Collected data entries:
========================================
-- ===== src/Routing/Trie/Finding/Best.antt =====
-- The loop over the parameter children picks the child of the highest priority whose type takes the
-- segment.
use ecommerce_platform.Prelude.{
  ℕ, ◌≤◌, ◌<◌, ◌≡◌, ap, inl, inr, Bool, true, false, none, some, arith, Option-cases, Bool-cases,
  subst, Text, Text-eq,
}
use ecommerce_platform.Http.Verb.{Verb-eq}
use ecommerce_platform.Routing.ParamType.{descriptor}
use ecommerce_platform.Routing.Segments.{ParamKey}
use ecommerce_platform.Routing.Trie.{TrieNode, ParamChildren, no_param, param, best_child}
use ecommerce_platform.Routing.Trie.Order.{
  key_eq_iff, priority, search_param, search_param_below, IsDescending,
}

abbrev pub takes : ParamKey → Text → Bool
takes key segment = (descriptor key.type).matcher segment

-- The key with the child is the best that the row has for the segment.
pub record IsBest {H : Type 0} (segment : Text) (ps : ParamChildren H) (key : ParamKey)
    (child : TrieNode H) : Type 0 where
  pub present : search_param key ps ≡ some child
  pub fits : takes key segment ≡ true
  pub highest :
      (j : ParamKey) (other : TrieNode H)
      → search_param j ps ≡ some other
      → takes j segment ≡ true
      → priority j.type ≤ priority key.type

module _ {H : Type 0} where
  present_below :
      (bound : ℕ) (ps : ParamChildren H) (j : ParamKey) (other : TrieNode H)
      → IsDescending bound ps
      → search_param j ps ≡ some other
      → priority j.type < bound
  present_below bound ps j other d h = ground (arith, search_param_below j bound ps d)

module _ {H : Type 0} (segment : Text) where
  first-IsBest :
      (bound : ℕ) (k : ParamKey) (c : TrieNode H) (rest : ParamChildren H)
      → IsDescending bound (param k c rest)
      → takes k segment ≡ true
      → IsBest segment (param k c rest) k c
  unfolding search_param
  first-IsBest bound k c rest d hit = record {
    present = ground (arith, key_eq_iff k k);
    fits = hit;
    highest = λ j other s f. ground (
      arith,
      key_eq_iff k j,
      ap (λ (i : ParamKey). priority i.type) {x = k} {y = j},
      present_below (priority k.type) rest j other d.1,
    );
  }

  later-IsBest :
      (k key : ParamKey) (c child : TrieNode H) (bound : ℕ) (rest : ParamChildren H)
      → IsDescending bound (param k c rest)
      → takes k segment ≡ false
      → IsBest segment rest key child
      → IsBest segment (param k c rest) key child
  unfolding search_param
  later-IsBest k key c child bound rest d miss b = record {
    present = ground (
      arith,
      key_eq_iff k key,
      b.present,
      b.fits,
      ap (λ (i : ParamKey). takes i segment) {x = k} {y = key},
    );
    fits = b.fits;
    highest = λ j other s f. ground (
      arith,
      key_eq_iff k j,
      ap (λ (i : ParamKey). takes i segment) {x = k} {y = j},
      b.highest j other,
    );
  }

  pub best_child-IsBest :
      (bound : ℕ) (ps : ParamChildren H) (key : ParamKey) (child : TrieNode H)
      → IsDescending bound ps
      → best_child segment ps ≡ some (key, child)
      → IsBest segment ps key child
  unfolding best_child
  best_child-IsBest bound no_param key child d h = cc
  best_child-IsBest bound (param k c rest) key child d h = elim (Bool-cases (takes k segment)) [
    | inl hit ↦
        let same_key : k ≡ key = ground arith in
        let same_child : c ≡ child = ground arith in
        subst (λ j. IsBest segment (param k c rest) j child) same_key
          (subst (IsBest segment (param k c rest) k) same_child (first-IsBest bound k c rest d hit))
    | inr miss ↦
        later-IsBest k key c child bound rest d miss
          (best_child-IsBest (priority k.type) rest key child d.1 (rw (miss, best_child) at h))
  ]

  best_child-none :
      (ps : ParamChildren H) (j : ParamKey) (other : TrieNode H)
      → best_child segment ps ≡ none
      → search_param j ps ≡ some other
      → takes j segment ≡ false
  unfolding best_child search_param
  best_child-none no_param j other h s = cc
  best_child-none (param k c rest) j other h s = ground (
    arith,
    key_eq_iff k j,
    best_child-none rest j other,
    ap (λ (i : ParamKey). takes i segment) {x = k} {y = j},
  )

module _ {H : Type 0} where
  one_of_type :
      (bound : ℕ) (ps : ParamChildren H) (j k : ParamKey) (c d : TrieNode H)
      → IsDescending bound ps
      → search_param j ps ≡ some c
      → search_param k ps ≡ some d
      → priority j.type ≡ priority k.type
      → j ≡ k
  unfolding search_param
  one_of_type bound no_param j k c d w h h' e = cc
  one_of_type bound (param i x rest) j k c d w h h' e = ground (
    arith,
    key_eq_iff i j,
    key_eq_iff i k,
    ap (λ (a : ParamKey). priority a.type) {x = i} {y = j},
    ap (λ (a : ParamKey). priority a.type) {x = i} {y = k},
    present_below (priority i.type) rest j c w.1,
    present_below (priority i.type) rest k d w.1,
    one_of_type (priority i.type) rest j k c d w.1,
  )

  pub IsBest-best_child :
      (segment : Text) (ps : ParamChildren H) (key : ParamKey) (child : TrieNode H)
      → IsDescending 5 ps
      → IsBest segment ps key child
      → best_child segment ps ≡ some (key, child)
  IsBest-best_child segment ps key child d b = elim (Option-cases (best_child segment ps)) [
    | inl missed ↦ cc (best_child-none segment ps key child missed b.present, b.fits)
    | inr ((k, c), h) ↦
        let a = best_child-IsBest segment 5 ps k c d h in
        let level : priority k.type ≡ priority key.type =
          omega (arith, a.highest key child b.present b.fits, b.highest k c a.present a.fits) in
        let same = one_of_type 5 ps k key c child d a.present b.present level in
        let same_child : c ≡ child = ground (arith, a.present, b.present) in
        rw (h, same, same_child)
  ]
========================================
Task requirements: If a line in the entries above contains the word "none", copy it.

Your response:
  ℕ, ◌≤◌, ◌<◌, ◌≡◌, ap, inl, inr, Bool, true, false, none, some, arith, Option-cases, Bool-cases,
  best_child-none :
      → best_child segment ps ≡ none
  best_child-none no_param j other h s = cc
  best_child-none (param k c rest) j other h s = ground (
    best_child-none rest j other,
    | inl missed ↦ cc (best_child-none segment ps key child missed b.present, b.fits)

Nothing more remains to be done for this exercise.